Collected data
....
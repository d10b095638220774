-- ===== src/Pipeline/Terminates.antt =====
-- A pipeline ends, whatever its nodes and gates do.
use helve.Base.{
  ℕ, zero, suc, ◌+◌, ◌*◌, ◌≤◌, ◌<◌, ◌≡◌, some, List, [], ◌∷◌, arith, length, subst, Bool-cases, inl,
  inr,
}
use helve.Base.Dict.{Dict}
use helve.Pipeline.{Node, Chain, World, Machine, outer, Stage, goes_on}
use helve.Pipeline.Loop.Parts.{fallback_at}
use helve.Pipeline.Rank.{left, base_rank, rank, bit-le}
use helve.Pipeline.Rank.Run.{Ended, run-Ended}
use helve.Pipeline.Settled.{Settled, SettledStage}
use helve.Pipeline.Settled.Run.{run-Settled}
use helve.Pipeline.Topology.{fuel_for, run_pipeline, is_valid_topology}

left-le : (attempts : Dict ℕ) (nodes : List Node) → left attempts nodes ≤ 3 * length nodes
unfolding left
left-le attempts [] = omega arith
left-le attempts (node ∷ nodes) = omega (arith, left-le attempts nodes)

mul-le : (a b k : ℕ) → a ≤ b → a * k ≤ b * k
mul-le zero b k h = omega arith
mul-le (suc a) zero k h = absurd (omega (arith, h))
mul-le (suc a) (suc b) k h = omega (arith, mul-le a b k (omega (arith, h)))

some-injective : {s t : Stage} → some s ≡ some t → s ≡ t
some-injective e = cc

rank-fuel_for : (chain : Chain) (m : Machine) → rank chain outer m < fuel_for (length chain.nodes)
unfolding rank base_rank
rank-fuel_for chain m = omega (
  arith,
  mul-le (left m.attempts chain.nodes) (3 * length chain.nodes) (2 * length chain.nodes + 2)
      (left-le m.attempts chain.nodes),
  bit-le (fallback_at m.node_idx m.fallback_reasons),
)

-- A valid chain of n nodes ends, from any variables and whatever the executions, the gates and the registry
-- answer: its loops return or raise within 5 (3 n (2 n + 2) + 2 n + 1) + 5 rounds.
pub run_pipeline-Ended :
    (w : World) (chain : Chain) (m : Machine) (stage : Stage)
    → run_pipeline w chain m ≡ some stage
    → Ended stage
unfolding run_pipeline
run_pipeline-Ended w chain m stage e = elim (Bool-cases (is_valid_topology chain)) [
  | inl v ↦
      subst (λ s. Ended s) (some-injective (ground (arith, v, e)))
        (run-Ended w chain (fuel_for (length chain.nodes)) (goes_on outer m)
          (rank-fuel_for chain m))
  | inr v ↦ absurd (ground (arith, v, e))
]

-- Read in order, the events of a run stream the provisional text of the executions one after the other, and
-- each execution is committed or retracted exactly once: after its last text, and before the first text of
-- the next one. This holds also for a run that ends by an exception, where it holds of the events before it.
pub run_pipeline-Settled :
    (w : World) (chain : Chain) (m : Machine) (stage : Stage)
    → Settled m
    → run_pipeline w chain m ≡ some stage
    → SettledStage stage
unfolding run_pipeline
run_pipeline-Settled w chain m stage h e = elim (Bool-cases (is_valid_topology chain)) [
  | inl v ↦
      subst (λ s. SettledStage s) (some-injective (ground (arith, v, e)))
        (run-Settled w chain (fuel_for (length chain.nodes)) (goes_on outer m) h)
  | inr v ↦ absurd (ground (arith, v, e))
]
....
Working from the records above, write out verbatim only the lines from the line containing "left-le : (attempts" through the line containing "subst (λ s. Ended".

* **Written solution**:
left-le : (attempts : Dict ℕ) (nodes : List Node) → left attempts nodes ≤ 3 * length nodes
unfolding left
left-le attempts [] = omega arith
left-le attempts (node ∷ nodes) = omega (arith, left-le attempts nodes)

mul-le : (a b k : ℕ) → a ≤ b → a * k ≤ b * k
mul-le zero b k h = omega arith
mul-le (suc a) zero k h = absurd (omega (arith, h))
mul-le (suc a) (suc b) k h = omega (arith, mul-le a b k (omega (arith, h)))

some-injective : {s t : Stage} → some s ≡ some t → s ≡ t
some-injective e = cc

rank-fuel_for : (chain : Chain) (m : Machine) → rank chain outer m < fuel_for (length chain.nodes)
unfolding rank base_rank
rank-fuel_for chain m = omega (
  arith,
  mul-le (left m.attempts chain.nodes) (3 * length chain.nodes) (2 * length chain.nodes + 2)
      (left-le m.attempts chain.nodes),
  bit-le (fallback_at m.node_idx m.fallback_reasons),
)

-- A valid chain of n nodes ends, from any variables and whatever the executions, the gates and the registry
-- answer: its loops return or raise within 5 (3 n (2 n + 2) + 2 n + 1) + 5 rounds.
pub run_pipeline-Ended :
    (w : World) (chain : Chain) (m : Machine) (stage : Stage)
    → run_pipeline w chain m ≡ some stage
    → Ended stage
unfolding run_pipeline
run_pipeline-Ended w chain m stage e = elim (Bool-cases (is_valid_topology chain)) [
  | inl v ↦
      subst (λ s. Ended s) (some-injective (ground (arith, v, e)))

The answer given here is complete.